On procède ensuite à la zombification de l’animal. La réanimation a pour effet de libérer le rat de l’emprise mentale exercée sur lui alors qu’il était encore vivant. Le rat zombi sait donc parfaitement ce qu’il est, mais il garde quelques traits humains. Il évite ses congénères, préférant la compagnie des gens [3], et s’il est réanimé suffisamment vite après sa mort, maîtrise des compétences comme l’utilisation d’outils ou même l’écriture. Une fois zombifié, le rat Goth communiquait avec sa maîtresse par l’intermédiaire d’un sac de runes.

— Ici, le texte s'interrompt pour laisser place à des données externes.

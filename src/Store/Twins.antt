-- ===== src/Store/Twins.antt =====
-- Which intents are duplicates, said of the values of their fields.
use solmesh.Prelude.{
  ap, sym, ◌≡◌, refl, ◌⊎◌, inl, inr, true, Bool-cases, List, [], ◌∷◌, ◌++◌, arith, Option, none,
  some, String,
}
use solmesh.Prelude.Eq.{string_eq}
use solmesh.Store.{IntentStatus, pending, status_eq, Intent, mint_eq, matches, is_duplicate}

-- `i` waits, and pays the same from the same wallet to the same recipient as `x`.
pub record Twin (i x : Intent) : Type 0 where
  pub waits : i.status ≡ pending
  pub wallet : i.wallet_name ≡ x.wallet_name
  pub recipient : i.recipient ≡ x.recipient
  pub amount : i.amount ≡ x.amount
  pub mint : i.token_mint ≡ x.token_mint

abbrev pub HasTwin : List Intent → Intent → Type 0
HasTwin [] x = ⊥
HasTwin (i ∷ l) x = Twin i x ⊎ HasTwin l x

-- No pending intent has a twin behind it.
abbrev pub NoTwins : List Intent → Type 0
NoTwins [] = Unit
NoTwins (i ∷ l) = (i.status ≡ pending → ¬ HasTwin l i) × NoTwins l

status_eq-pending : (s : IntentStatus) → status_eq s pending ≡ true → s ≡ pending
status_eq-pending IntentStatus.pending e = refl
status_eq-pending s e = ground arith

mint_eq_sound : (a b : Option String) → mint_eq a b ≡ true → a ≡ b
mint_eq_sound none none e = refl
mint_eq_sound (some a) (some b) e = ap some (ground (arith, string_eq.beq_iff a b))
mint_eq_sound a b e = ground arith

mint_eq_refl : (a : Option String) → mint_eq a a ≡ true
mint_eq_refl none = refl
mint_eq_refl (some a) = ground (arith, string_eq.beq_iff a a)

matches-Twin :
    (i x : Intent) → matches x.wallet_name x.recipient x.amount x.token_mint i ≡ true → Twin i x
matches-Twin i x e = record {
  waits = status_eq-pending i.status (ground arith);
  wallet = ground (arith, string_eq.beq_iff i.wallet_name x.wallet_name);
  recipient = ground (arith, string_eq.beq_iff i.recipient x.recipient);
  amount = ground arith;
  mint = mint_eq_sound i.token_mint x.token_mint (ground arith);
}

Twin-matches :
    (i x : Intent) → Twin i x → matches x.wallet_name x.recipient x.amount x.token_mint i ≡ true
Twin-matches i x t =
    let mints : mint_eq i.token_mint x.token_mint ≡ true = rw t.mint (mint_eq_refl x.token_mint) in
    let waits : status_eq i.status pending ≡ true = rw t.waits refl in
    ground (
      arith,
      t.wallet,
      t.recipient,
      t.amount,
      mints,
      waits,
      string_eq.beq_iff i.wallet_name x.wallet_name,
      string_eq.beq_iff i.recipient x.recipient,
    )

-- The test in `add` finds exactly the twins.
pub is_duplicate-HasTwin :
    (l : List Intent) (x : Intent)
    → is_duplicate l x.wallet_name x.recipient x.amount x.token_mint ≡ true
    → HasTwin l x
unfolding is_duplicate
is_duplicate-HasTwin [] x e = ground arith
is_duplicate-HasTwin (i ∷ l) x e =
    elim (Bool-cases (matches x.wallet_name x.recipient x.amount x.token_mint i)) [
      | inl same ↦ inl (matches-Twin i x same)
      | inr other ↦ inr (is_duplicate-HasTwin l x (ground arith))
    ]

pub HasTwin-is_duplicate :
    (l : List Intent) (x : Intent)
    → HasTwin l x
    → is_duplicate l x.wallet_name x.recipient x.amount x.token_mint ≡ true
unfolding is_duplicate
HasTwin-is_duplicate [] x h = elim h [ ]
HasTwin-is_duplicate (i ∷ l) x (inl t) = let same = Twin-matches i x t in ground arith
HasTwin-is_duplicate (i ∷ l) x (inr h) = let later = HasTwin-is_duplicate l x h in ground arith

HasTwin-append_one :
    (l : List Intent) (y x : Intent) → HasTwin (l ++ y ∷ []) x → HasTwin l x ⊎ Twin y x
HasTwin-append_one [] y x (inl t) = inr t
HasTwin-append_one [] y x (inr h) = elim h [ ]
HasTwin-append_one (i ∷ l) y x (inl t) = inl (inl t)
HasTwin-append_one (i ∷ l) y x (inr h) = elim (HasTwin-append_one l y x h) [
  | inl earlier ↦ inl (inr earlier)
  | inr t ↦ inr t
]

Twin-sym : (i x : Intent) → i.status ≡ pending → Twin x i → Twin i x
Twin-sym i x waits t = record {
  waits = waits;
  wallet = sym t.wallet;
  recipient = sym t.recipient;
  amount = sym t.amount;
  mint = sym t.mint;
}

pub append-NoTwins :
    (l : List Intent) (x : Intent) → ¬ HasTwin l x → NoTwins l → NoTwins (l ++ x ∷ [])
append-NoTwins [] x alone h = (λ _ none_there. none_there, tt)
append-NoTwins (i ∷ l) x alone h = (
  λ waits later. elim (HasTwin-append_one l x i later) [
    | inl twin ↦ h.0 waits twin
    | inr t ↦ alone (inl (Twin-sym i x waits t))
  ],
  append-NoTwins l x (λ later. alone (inr later)) h.1,
)
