-- ===== src/Store/Queue.antt =====
-- The operations of the queue on single intents.
use solmesh.Prelude.{
  ap, ap₂, ℕ, ◌+◌, ◌≡◌, refl, ◌∙◌, inl, inr, true, false, List, [], ◌∷◌, arith, Option, none, some,
  String, leb, if◌then◌else◌, Option-cases,
}
use mathlib.Core.Option
use mathlib.Core.Path.{fun_ext}
use solmesh.Prelude.Eq.{string_eq}
use solmesh.Constants.{Str}
use solmesh.Store.{
  IntentStatus, failed, Intent, QueueFile, saved, find_intent, get, change_first, change,
  set_status, or_else, update_status, bump_attempts, increment_attempts,
}

-- A change that keeps the id is seen under that id alone.
find-change_first :
    (k j : String) (f : Intent → Intent) (l : List Intent)
    → ((i : Intent) → (f i).id ≡ i.id)
    → find_intent j (change_first k f l)
      ≡ (if string_eq.beq k j then Option.map f (find_intent k l) else find_intent j l)
unfolding find_intent change_first
find-change_first k j f [] keep = ground arith
find-change_first k j f (i ∷ l) keep = ground (
  arith,
  keep i,
  string_eq.beq_iff k j,
  string_eq.beq_iff i.id j,
  string_eq.beq_iff i.id k,
  string_eq.beq_iff (f i).id j,
  find-change_first k j f l keep,
)

get-change :
    (k j : String) (f : Intent → Intent) (file : QueueFile)
    → ((i : Intent) → (f i).id ≡ i.id)
    → get j (change k f file).1
      ≡ (if string_eq.beq k j then Option.map f (get k file) else get j file)
unfolding get change
get-change k j f (saved l) keep = elim (Option-cases (find_intent k l)) [
  | inl absent ↦ rw absent (ground (arith, string_eq.beq_iff k j, absent))
  | inr (i, found) ↦ rw (found, change) (find-change_first k j f l keep ∙ rw found refl)
]
get-change k j f other keep = ground arith

change-found :
    (k : String) (f : Intent → Intent) (file : QueueFile)
    → (change k f file).0 ≡ (elim (get k file) [ none ↦ false | some _ ↦ true ])
unfolding get change
change-found k f file = ground arith

or_else_lem : (e old : Option Str) → or_else e old ≡ (elim e [ none ↦ old | some new ↦ some new ])
or_else_lem none old = refl
or_else_lem (some new) old = refl

-- `update_status` changes exactly the intent with the id: `get` finds it with the new status and
-- time, with the error and the hash replaced where one is given; every other id finds what it found
-- before. It returns whether the id was there.
pub get-update_status :
    (now : ℕ) (k j : String) (status : IntentStatus) (error tx_hash : Option Str) (file : QueueFile)
    → (get j (update_status now k status error tx_hash file).1 ≡ (
        if string_eq.beq k j
        then Option.map {A = Intent}
            (λ i. record i {
              status = status;
              updated_at = now;
              last_error = elim error [ none ↦ i.last_error | some e ↦ some e ];
              result_tx_hash = elim tx_hash [ none ↦ i.result_tx_hash | some h ↦ some h ];
            })
            (get k file)
        else get j file))
      × ((update_status now k status error tx_hash file).0
          ≡ (elim (get k file) [ none ↦ false | some _ ↦ true ]))
unfolding update_status
get-update_status now k j status error tx_hash file = (
  get-change k j (set_status now status error tx_hash) file (λ i. refl)
      ∙ ap
          (λ (f : Intent → Intent).
            if string_eq.beq k j then Option.map f (get k file) else get j file)
          (fun_ext (λ i.
            ap₂
              (λ a b. record i {
                status = status;
                updated_at = now;
                last_error = a;
                result_tx_hash = b;
              })
              (or_else_lem error i.last_error) (or_else_lem tx_hash i.result_tx_hash))),
  change-found k (set_status now status error tx_hash) file,
)

-- `increment_attempts` counts one attempt of exactly the intent with the id, and fails it exactly
-- when the maximum is reached; every other id finds what it found before. It returns whether the id
-- was there.
pub get-increment_attempts :
    (now : ℕ) (k j : String) (file : QueueFile)
    → (get j (increment_attempts now k file).1 ≡ (
        if string_eq.beq k j
        then Option.map {A = Intent}
            (λ i. record i {
              attempts = i.attempts + 1;
              updated_at = now;
              status = if leb i.max_attempts (i.attempts + 1) then failed else i.status;
            })
            (get k file)
        else get j file))
      × ((increment_attempts now k file).0 ≡ (elim (get k file) [ none ↦ false | some _ ↦ true ]))
unfolding increment_attempts
get-increment_attempts now k j file =
    (get-change k j (bump_attempts now) file (λ i. refl), change-found k (bump_attempts now) file)
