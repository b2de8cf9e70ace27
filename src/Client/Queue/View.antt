-- ===== src/Client/Queue/View.antt =====
-- What the queue shows of an intent, and the calls on the store as changes of it.
use solmesh.Prelude.{
  ap, ◌+◌, ℕ, ◌≡◌, refl, ◌∙◌, inl, inr, Bool-cases, Option-cases, arith, Option, none, some, String,
  leb, if◌then◌else◌,
}
use mathlib.Core.Option
use solmesh.Prelude.Eq.{string_eq}
use solmesh.Constants.{Str}
use solmesh.Store.{IntentStatus, failed, Intent, get}
use solmesh.Store.Queue.{get-update_status, get-increment_attempts}
use solmesh.Client.{ClientNode}
use solmesh.Client.World.{ClientWorld, now}
use solmesh.Client.Queue.{update_intent, count_attempt, current_intent}

-- Where an intent stands.
pub record Standing : Type 0 where
  pub status : IntentStatus
  pub attempts : ℕ
  pub max_attempts : ℕ

abbrev pub standing : Intent → Standing
standing i = record { status = i.status; attempts = i.attempts; max_attempts = i.max_attempts }

abbrev pub view : String → ClientNode → Option Standing
view id c = Option.map standing (current_intent id c)

abbrev pub at : String → String → (Standing → Standing) → ClientNode → Option Standing
at id j f c = if string_eq.beq id j then Option.map f (view id c) else view j c

-- One attempt more; the last one fails the intent.
abbrev pub counted : Standing → Standing
counted s = record s {
  attempts = s.attempts + 1;
  status = if leb s.max_attempts (s.attempts + 1) then failed else s.status;
}

abbrev pub with_status : IntentStatus → Standing → Standing
with_status status s = record s { status = status }

map-map :
    (f : Standing → Standing) (g : Intent → Intent) (o : Option Intent)
    → ((i : Intent) → standing (g i) ≡ f (standing i))
    → Option.map standing (Option.map g o) ≡ Option.map f (Option.map standing o)
map-map f g none h = refl
map-map f g (some i) h = ap some (h i)

through :
    (id j : String) (f : Standing → Standing) (g : Intent → Intent) (o o' : Option Intent)
    → ((i : Intent) → standing (g i) ≡ f (standing i))
    → Option.map standing (if string_eq.beq id j then Option.map g o else o') ≡ (
        if string_eq.beq id j then Option.map f (Option.map standing o) else Option.map standing o')
through id j f g o o' h = elim (Bool-cases (string_eq.beq id j)) [
  | inl same ↦ rw same (map-map f g o h)
  | inr other ↦ rw other refl
]

pub update_intent-view :
    (w : ClientWorld) (id j : String) (status : IntentStatus) (error tx_hash : Option Str)
    (c : ClientNode)
    → view j (update_intent w id status error tx_hash c).1 ≡ at id j (with_status status) c
unfolding update_intent
update_intent-view w id j status error tx_hash c = elim (Option-cases c.intent_store) [
  | inl unset ↦ rw unset (ground arith)
  | inr (file, set) ↦ rw set (
      ap (Option.map standing) (get-update_status (now w c) id j status error tx_hash file).0
      ∙ through id j (with_status status) _ (get id file) (get j file) (λ i. refl))
]

pub count_attempt-view :
    (w : ClientWorld) (id j : String) (c : ClientNode)
    → view j (count_attempt w id c).1 ≡ at id j counted c
unfolding count_attempt
count_attempt-view w id j c = elim (Option-cases c.intent_store) [
  | inl unset ↦ rw unset (ground arith)
  | inr (file, set) ↦ rw set (
      ap (Option.map standing) (get-increment_attempts (now w c) id j file).0
      ∙ through id j counted _ (get id file) (get j file) (λ i. refl))
]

Mais la vraie singularité du rat zombi, c’est qu’il est indépendant du nécromant qui l’a réanimé. On suppose que c’est parce que l’identité qui a subi la zombification est le Moi humain de l’animal, qui est annihilé au moment où celui-ci reprend conscience. Ce qui est certain, en tout cas, c’est que le rat zombi, en plus d’être malin comme un rat et astucieux comme un humain, a sa volonté propre. Il n’est d’ailleurs pas rare qu’il garde une dent contre le nécromant responsable de son état et prenne la poudre d’escampette à la première occasion. La rumeur veut que des communautés se soient formées dans des coins tranquilles, où les rats mènent une après-vie paisible, loin des chasseurs de morts-vivants [4]. Parallèlement, on a retrouvé dans les égouts de Waldorg un rat zombi échappé de quelque sombre tour, qui s’était reconverti dans l’élevage de tortues mutantes.
Heureusement, en raison des contraintes techniques énoncées plus haut, des rats zombis, il n’y en a pas beaucoup. C’est tant mieux pour tout le monde, à commencer par les rats eux-mêmes.
Nak’hua Thorp,
qui remercie le professeur Chambers, expert mondialement renommé des rats zombis, pour tout ce qu’il a pu écrire à leur sujet.
[1] C’est ainsi qu’il y a quelques décennies, un jeune mage gagna ses premières lettres de noblesse en réduisant en méchoui le Sanglier Zombi du Bois N’talamela.
[2] Chez les elfes noirs, le cas d’un chef de village autozombifié a posé problème : techniquement, il était mort et devait donc être remplacé. Mais lui se sentait assez en forme pour continuer son mandat. L’histoire s’est terminée chaleureusement dans une maxiboule de feu. Au moins, sa mort ne faisait plus de doute.
[3] Le problème qui se pose est que peu de gens apprécient la compagnie d’un rat zombi.
[4] Si le rat était un animal moins raisonnable, ces commmunautés auraient déjà tenté de conquérir le monde. C’est pourquoi les nécromants signent tous un parchemin par lequel ils s’engagent, sous peine de malédiction, à ne pas créer de souris de laboratoire zombie.